Using the records that follow, copy every line containing the word "cases".
= Beginning of Section =
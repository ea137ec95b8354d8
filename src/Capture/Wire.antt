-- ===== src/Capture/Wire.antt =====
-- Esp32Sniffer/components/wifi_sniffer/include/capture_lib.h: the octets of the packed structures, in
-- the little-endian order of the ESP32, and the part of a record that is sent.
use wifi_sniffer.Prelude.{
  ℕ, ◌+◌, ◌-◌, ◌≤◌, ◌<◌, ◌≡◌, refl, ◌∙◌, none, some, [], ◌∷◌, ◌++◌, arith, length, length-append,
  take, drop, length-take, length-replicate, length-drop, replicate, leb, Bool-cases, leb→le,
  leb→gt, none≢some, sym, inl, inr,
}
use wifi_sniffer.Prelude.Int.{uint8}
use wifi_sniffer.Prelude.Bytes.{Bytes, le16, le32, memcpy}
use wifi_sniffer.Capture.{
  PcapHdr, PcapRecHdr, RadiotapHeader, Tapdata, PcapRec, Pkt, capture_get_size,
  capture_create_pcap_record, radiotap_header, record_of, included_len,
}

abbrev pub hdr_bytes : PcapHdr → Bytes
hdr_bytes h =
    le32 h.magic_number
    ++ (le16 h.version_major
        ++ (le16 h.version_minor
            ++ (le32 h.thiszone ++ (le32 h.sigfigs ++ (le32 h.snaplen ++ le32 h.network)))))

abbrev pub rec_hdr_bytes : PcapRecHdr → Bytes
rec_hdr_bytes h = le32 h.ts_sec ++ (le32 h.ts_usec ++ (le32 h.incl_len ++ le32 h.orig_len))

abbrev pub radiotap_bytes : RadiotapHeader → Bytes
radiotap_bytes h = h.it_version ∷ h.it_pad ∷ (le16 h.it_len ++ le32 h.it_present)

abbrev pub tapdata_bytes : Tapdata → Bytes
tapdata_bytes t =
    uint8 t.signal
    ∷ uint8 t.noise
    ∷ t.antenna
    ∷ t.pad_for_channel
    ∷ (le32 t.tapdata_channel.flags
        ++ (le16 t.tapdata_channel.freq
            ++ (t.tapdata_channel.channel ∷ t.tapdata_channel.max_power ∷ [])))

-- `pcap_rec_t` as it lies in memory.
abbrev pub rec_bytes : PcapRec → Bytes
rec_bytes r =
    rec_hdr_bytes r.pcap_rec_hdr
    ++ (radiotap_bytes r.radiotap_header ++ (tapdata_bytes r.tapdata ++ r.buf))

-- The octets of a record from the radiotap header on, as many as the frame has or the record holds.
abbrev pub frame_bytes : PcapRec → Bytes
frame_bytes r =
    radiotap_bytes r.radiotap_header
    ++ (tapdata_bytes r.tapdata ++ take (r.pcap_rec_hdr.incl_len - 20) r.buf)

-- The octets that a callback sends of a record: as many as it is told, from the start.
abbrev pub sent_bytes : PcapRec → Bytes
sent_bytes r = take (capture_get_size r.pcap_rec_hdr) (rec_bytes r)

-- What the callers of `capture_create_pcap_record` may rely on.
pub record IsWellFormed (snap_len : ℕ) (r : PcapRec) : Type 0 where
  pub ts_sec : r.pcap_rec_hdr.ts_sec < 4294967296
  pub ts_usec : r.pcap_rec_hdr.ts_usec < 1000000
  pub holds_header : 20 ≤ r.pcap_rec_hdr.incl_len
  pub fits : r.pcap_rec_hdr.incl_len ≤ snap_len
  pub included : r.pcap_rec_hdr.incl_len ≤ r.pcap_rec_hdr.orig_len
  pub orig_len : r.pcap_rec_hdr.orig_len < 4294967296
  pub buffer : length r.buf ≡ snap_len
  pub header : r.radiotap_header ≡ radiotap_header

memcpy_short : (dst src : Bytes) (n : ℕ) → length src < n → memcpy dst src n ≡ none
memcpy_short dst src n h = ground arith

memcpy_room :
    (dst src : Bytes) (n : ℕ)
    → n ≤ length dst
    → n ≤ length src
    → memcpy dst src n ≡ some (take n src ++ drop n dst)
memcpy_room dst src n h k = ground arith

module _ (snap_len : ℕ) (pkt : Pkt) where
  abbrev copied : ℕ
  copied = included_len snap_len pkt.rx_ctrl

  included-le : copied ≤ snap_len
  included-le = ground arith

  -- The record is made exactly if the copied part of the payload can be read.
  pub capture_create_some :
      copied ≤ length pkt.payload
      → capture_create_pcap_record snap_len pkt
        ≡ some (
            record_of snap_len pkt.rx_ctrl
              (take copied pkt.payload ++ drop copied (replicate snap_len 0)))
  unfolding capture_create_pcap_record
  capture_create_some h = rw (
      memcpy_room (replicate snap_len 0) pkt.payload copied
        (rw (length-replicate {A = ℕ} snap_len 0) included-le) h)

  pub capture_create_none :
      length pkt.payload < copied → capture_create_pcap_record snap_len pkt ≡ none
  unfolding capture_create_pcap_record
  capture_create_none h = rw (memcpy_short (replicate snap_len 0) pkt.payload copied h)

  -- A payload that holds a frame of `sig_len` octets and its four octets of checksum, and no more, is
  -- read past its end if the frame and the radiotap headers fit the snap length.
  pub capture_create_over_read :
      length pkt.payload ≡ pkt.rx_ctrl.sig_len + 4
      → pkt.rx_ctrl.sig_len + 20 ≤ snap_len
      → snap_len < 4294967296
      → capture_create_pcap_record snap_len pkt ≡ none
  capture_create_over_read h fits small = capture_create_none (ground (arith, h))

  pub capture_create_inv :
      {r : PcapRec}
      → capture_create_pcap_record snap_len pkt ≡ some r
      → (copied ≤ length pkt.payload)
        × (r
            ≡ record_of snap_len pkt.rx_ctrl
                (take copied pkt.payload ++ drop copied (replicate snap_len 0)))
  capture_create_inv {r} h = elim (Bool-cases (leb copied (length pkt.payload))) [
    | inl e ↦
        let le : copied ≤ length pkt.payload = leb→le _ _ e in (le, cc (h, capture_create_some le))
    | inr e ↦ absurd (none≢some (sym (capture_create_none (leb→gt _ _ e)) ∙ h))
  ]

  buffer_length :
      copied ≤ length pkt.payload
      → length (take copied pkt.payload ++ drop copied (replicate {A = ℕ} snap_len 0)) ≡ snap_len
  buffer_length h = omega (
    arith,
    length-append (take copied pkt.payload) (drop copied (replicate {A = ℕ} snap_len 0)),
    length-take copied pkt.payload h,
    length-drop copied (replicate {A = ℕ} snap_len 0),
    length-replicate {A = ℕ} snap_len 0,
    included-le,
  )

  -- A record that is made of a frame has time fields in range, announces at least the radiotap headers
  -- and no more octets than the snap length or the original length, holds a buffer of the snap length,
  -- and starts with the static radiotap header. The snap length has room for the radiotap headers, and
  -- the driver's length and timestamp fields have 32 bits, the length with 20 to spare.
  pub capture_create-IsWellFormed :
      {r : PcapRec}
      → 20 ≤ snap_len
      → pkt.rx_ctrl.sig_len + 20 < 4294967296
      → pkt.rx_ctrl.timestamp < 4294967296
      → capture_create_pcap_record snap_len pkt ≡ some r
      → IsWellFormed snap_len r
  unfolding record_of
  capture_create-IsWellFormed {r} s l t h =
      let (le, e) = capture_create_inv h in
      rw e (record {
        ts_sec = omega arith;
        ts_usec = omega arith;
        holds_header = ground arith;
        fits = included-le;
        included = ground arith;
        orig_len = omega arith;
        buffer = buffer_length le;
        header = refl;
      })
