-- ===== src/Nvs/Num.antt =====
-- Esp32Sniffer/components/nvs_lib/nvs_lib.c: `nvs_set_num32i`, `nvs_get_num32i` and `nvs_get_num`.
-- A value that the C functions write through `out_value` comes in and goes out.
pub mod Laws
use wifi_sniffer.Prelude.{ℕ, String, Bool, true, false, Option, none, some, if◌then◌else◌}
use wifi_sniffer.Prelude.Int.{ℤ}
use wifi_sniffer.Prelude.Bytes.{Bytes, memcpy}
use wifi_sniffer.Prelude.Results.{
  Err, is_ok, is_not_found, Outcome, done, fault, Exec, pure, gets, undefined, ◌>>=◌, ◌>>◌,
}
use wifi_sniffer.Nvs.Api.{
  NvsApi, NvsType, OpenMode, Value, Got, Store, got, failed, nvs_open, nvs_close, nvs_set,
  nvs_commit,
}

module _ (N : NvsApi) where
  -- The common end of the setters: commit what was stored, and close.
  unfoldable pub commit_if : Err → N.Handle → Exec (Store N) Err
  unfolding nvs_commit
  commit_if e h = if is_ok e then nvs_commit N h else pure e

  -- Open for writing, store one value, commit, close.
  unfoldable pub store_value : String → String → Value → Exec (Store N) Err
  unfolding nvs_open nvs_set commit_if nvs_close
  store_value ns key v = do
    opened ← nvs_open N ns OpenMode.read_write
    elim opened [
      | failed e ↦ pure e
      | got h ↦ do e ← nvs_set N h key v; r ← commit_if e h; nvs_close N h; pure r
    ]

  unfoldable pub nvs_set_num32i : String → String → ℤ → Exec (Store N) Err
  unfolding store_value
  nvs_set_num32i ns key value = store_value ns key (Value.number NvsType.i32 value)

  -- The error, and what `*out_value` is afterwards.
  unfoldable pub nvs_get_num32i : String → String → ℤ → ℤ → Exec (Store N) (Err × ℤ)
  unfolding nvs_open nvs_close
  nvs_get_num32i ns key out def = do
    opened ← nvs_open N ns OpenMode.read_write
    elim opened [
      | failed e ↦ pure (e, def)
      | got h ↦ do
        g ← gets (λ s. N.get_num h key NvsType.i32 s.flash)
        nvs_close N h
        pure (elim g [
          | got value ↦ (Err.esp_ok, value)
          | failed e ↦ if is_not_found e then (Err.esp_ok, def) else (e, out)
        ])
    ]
= End of Section =
**SOLUTION FOR THIS TASK**
  take, drop, length-take, length-replicate, length-drop, replicate, leb, Bool-cases, leb→le,
  capture_create_inv {r} h = elim (Bool-cases (leb copied (length pkt.payload))) [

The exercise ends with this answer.